PROVIDED RECORDS below:

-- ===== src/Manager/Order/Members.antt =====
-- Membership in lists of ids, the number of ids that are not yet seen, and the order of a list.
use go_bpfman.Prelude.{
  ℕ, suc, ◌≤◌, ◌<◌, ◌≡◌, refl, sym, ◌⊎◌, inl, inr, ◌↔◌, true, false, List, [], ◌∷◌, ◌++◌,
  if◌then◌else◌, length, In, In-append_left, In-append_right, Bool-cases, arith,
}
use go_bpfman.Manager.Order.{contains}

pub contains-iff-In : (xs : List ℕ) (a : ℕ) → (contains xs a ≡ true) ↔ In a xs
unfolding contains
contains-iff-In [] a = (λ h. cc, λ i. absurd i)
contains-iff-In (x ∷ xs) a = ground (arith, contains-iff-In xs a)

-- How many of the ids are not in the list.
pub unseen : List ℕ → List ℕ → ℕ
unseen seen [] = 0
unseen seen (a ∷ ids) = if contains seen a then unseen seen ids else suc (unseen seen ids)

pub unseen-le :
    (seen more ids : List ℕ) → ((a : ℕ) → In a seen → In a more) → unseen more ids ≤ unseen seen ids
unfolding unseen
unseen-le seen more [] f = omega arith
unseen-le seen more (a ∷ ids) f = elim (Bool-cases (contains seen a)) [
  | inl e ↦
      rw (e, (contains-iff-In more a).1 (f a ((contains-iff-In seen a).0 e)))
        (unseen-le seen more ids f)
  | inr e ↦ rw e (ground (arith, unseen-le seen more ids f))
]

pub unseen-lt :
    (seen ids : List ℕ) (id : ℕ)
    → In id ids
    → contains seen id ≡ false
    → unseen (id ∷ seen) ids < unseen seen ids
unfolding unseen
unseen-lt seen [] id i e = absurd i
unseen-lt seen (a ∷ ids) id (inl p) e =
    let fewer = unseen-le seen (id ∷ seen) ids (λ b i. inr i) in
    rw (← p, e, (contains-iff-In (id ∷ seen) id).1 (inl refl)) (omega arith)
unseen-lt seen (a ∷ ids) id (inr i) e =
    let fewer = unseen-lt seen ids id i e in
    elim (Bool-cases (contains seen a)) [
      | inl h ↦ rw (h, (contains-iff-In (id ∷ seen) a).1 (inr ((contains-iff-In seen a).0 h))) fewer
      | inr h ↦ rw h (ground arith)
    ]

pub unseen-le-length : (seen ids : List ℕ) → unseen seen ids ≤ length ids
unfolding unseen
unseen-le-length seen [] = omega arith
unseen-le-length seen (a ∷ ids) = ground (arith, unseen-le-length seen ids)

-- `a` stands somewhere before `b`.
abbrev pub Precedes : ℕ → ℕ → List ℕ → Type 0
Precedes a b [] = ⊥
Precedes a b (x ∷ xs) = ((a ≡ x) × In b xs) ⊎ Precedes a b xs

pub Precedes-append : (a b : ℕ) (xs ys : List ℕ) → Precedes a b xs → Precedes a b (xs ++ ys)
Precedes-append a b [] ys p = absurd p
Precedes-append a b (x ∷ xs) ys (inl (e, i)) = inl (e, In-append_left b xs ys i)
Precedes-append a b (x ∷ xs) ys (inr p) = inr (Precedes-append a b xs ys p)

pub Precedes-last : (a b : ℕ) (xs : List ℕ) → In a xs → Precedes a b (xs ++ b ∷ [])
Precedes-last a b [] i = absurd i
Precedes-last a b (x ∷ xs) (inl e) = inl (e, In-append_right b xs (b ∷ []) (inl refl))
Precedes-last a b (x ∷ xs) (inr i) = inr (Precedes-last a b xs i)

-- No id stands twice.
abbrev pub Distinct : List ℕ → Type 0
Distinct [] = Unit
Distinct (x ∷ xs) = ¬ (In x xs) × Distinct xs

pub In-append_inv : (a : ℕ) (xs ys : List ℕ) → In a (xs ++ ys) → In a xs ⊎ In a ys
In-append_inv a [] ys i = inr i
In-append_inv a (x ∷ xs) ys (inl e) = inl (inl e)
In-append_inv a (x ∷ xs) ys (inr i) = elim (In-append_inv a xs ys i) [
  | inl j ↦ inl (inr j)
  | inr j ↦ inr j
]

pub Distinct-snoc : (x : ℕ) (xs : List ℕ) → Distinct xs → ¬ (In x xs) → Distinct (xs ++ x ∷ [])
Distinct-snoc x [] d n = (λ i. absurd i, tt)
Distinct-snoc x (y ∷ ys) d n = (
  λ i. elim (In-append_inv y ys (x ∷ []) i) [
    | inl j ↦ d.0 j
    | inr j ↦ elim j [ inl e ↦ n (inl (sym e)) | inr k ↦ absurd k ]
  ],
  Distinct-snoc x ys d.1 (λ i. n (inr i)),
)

End of PROVIDED RECORDS.

Word for word, write out the data.

-- ===== src/Manager/Order/Members.antt =====
-- Membership in lists of ids, the number of ids that are not yet seen, and the order of a list.
use go_bpfman.Prelude.{
  ℕ, suc, ◌≤◌, ◌<◌, ◌≡◌, refl, sym, ◌⊎◌, inl, inr, ◌↔◌, true, false, List, [], ◌∷◌, ◌++◌,
  if◌then◌else◌, length, In, In-append_left, In-append_right, Bool-cases, arith,
}
use go_bpfman.Manager.Order.{contains}

pub contains-iff-In : (xs : List ℕ) (a : ℕ) → (contains xs a ≡ true) ↔ In a xs
unfolding contains
contains-iff-In [] a = (λ h. cc, λ i. absurd i)
contains-iff-In (x ∷ xs) a = ground (arith, contains-iff-In xs a)

-- How many of the ids are not in the list.
pub unseen : List ℕ → List ℕ → ℕ
unseen seen [] = 0
unseen seen (a ∷ ids) = if contains seen a then unseen seen ids else suc (unseen seen ids)

pub unseen-le :
    (seen more ids : List ℕ) → ((a : ℕ) → In a seen → In a more) → unseen more ids ≤ unseen seen ids
unfolding unseen
unseen-le seen more [] f = omega arith
unseen-le seen more (a ∷ ids) f = elim (Bool-cases (contains seen a)) [
  | inl e ↦
      rw (e, (contains-iff-In more a).1 (f a ((contains-iff-In seen a).0 e)))
        (unseen-le seen more ids f)
  | inr e ↦ rw e (ground (arith, unseen-le seen more ids f))
]

pub unseen-lt :
    (seen ids : List ℕ) (id : ℕ)
    → In id ids
    → contains seen id ≡ false
    → unseen (id ∷ seen) ids < unseen seen ids
unfolding unseen
unseen-lt seen [] id i e = absurd i
unseen-lt seen (a ∷ ids) id (inl p) e =
    let fewer = unseen-le seen (id ∷ seen) ids (λ b i. inr i) in
    rw (← p, e, (contains-iff-In (id ∷ seen) id).1 (inl refl)) (omega arith)
unseen-lt seen (a ∷ ids) id (inr i) e =
    let fewer = unseen-lt seen ids id i e in
    elim (Bool-cases (contains seen a)) [
      | inl h ↦ rw (h, (contains-iff-In (id ∷ seen) a).1 (inr ((contains-iff-In seen a).0 h))) fewer
      | inr h ↦ rw h (ground arith)
    ]

pub unseen-le-length : (seen ids : List ℕ) → unseen seen ids ≤ length ids
unfolding unseen
unseen-le-length seen [] = omega arith
unseen-le-length seen (a ∷ ids) = ground (arith, unseen-le-length seen ids)

-- `a` stands somewhere before `b`.
abbrev pub Precedes : ℕ → ℕ → List ℕ → Type 0
Precedes a b [] = ⊥
Precedes a b (x ∷ xs) = ((a ≡ x) × In b xs) ⊎ Precedes a b xs

pub Precedes-append : (a b : ℕ) (xs ys : List ℕ) → Precedes a b xs → Precedes a b (xs ++ ys)
Precedes-append a b [] ys p = absurd p
Precedes-append a b (x ∷ xs) ys (inl (e, i)) = inl (e, In-append_left b xs ys i)
Precedes-append a b (x ∷ xs) ys (inr p) = inr (Precedes-append a b xs ys p)

pub Precedes-last : (a b : ℕ) (xs : List ℕ) → In a xs → Precedes a b (xs ++ b ∷ [])
Precedes-last a b [] i = absurd i
Precedes-last a b (x ∷ xs) (inl e) = inl (e, In-append_right b xs (b ∷ []) (inl refl))
Precedes-last a b (x ∷ xs) (inr i) = inr (Precedes-last a b xs i)

-- No id stands twice.
abbrev pub Distinct : List ℕ → Type 0
Distinct [] = Unit
Distinct (x ∷ xs) = ¬ (In x xs) × Distinct xs

pub In-append_inv : (a : ℕ) (xs ys : List ℕ) → In a (xs ++ ys) → In a xs ⊎ In a ys
In-append_inv a [] ys i = inr i
In-append_inv a (x ∷ xs) ys (inl e) = inl (inl e)
In-append_inv a (x ∷ xs) ys (inr i) = elim (In-append_inv a xs ys i) [
  | inl j ↦ inl (inr j)
  | inr j ↦ inr j
]

pub Distinct-snoc : (x : ℕ) (xs : List ℕ) → Distinct xs → ¬ (In x xs) → Distinct (xs ++ x ∷ [])
Distinct-snoc x [] d n = (λ i. absurd i, tt)
Distinct-snoc x (y ∷ ys) d n = (
  λ i. elim (In-append_inv y ys (x ∷ []) i) [
    | inl j ↦ d.0 j
    | inr j ↦ elim j [ inl e ↦ n (inl (sym e)) | inr k ↦ absurd k ]
  ],
  Distinct-snoc x ys d.1 (λ i. n (inr i)),
)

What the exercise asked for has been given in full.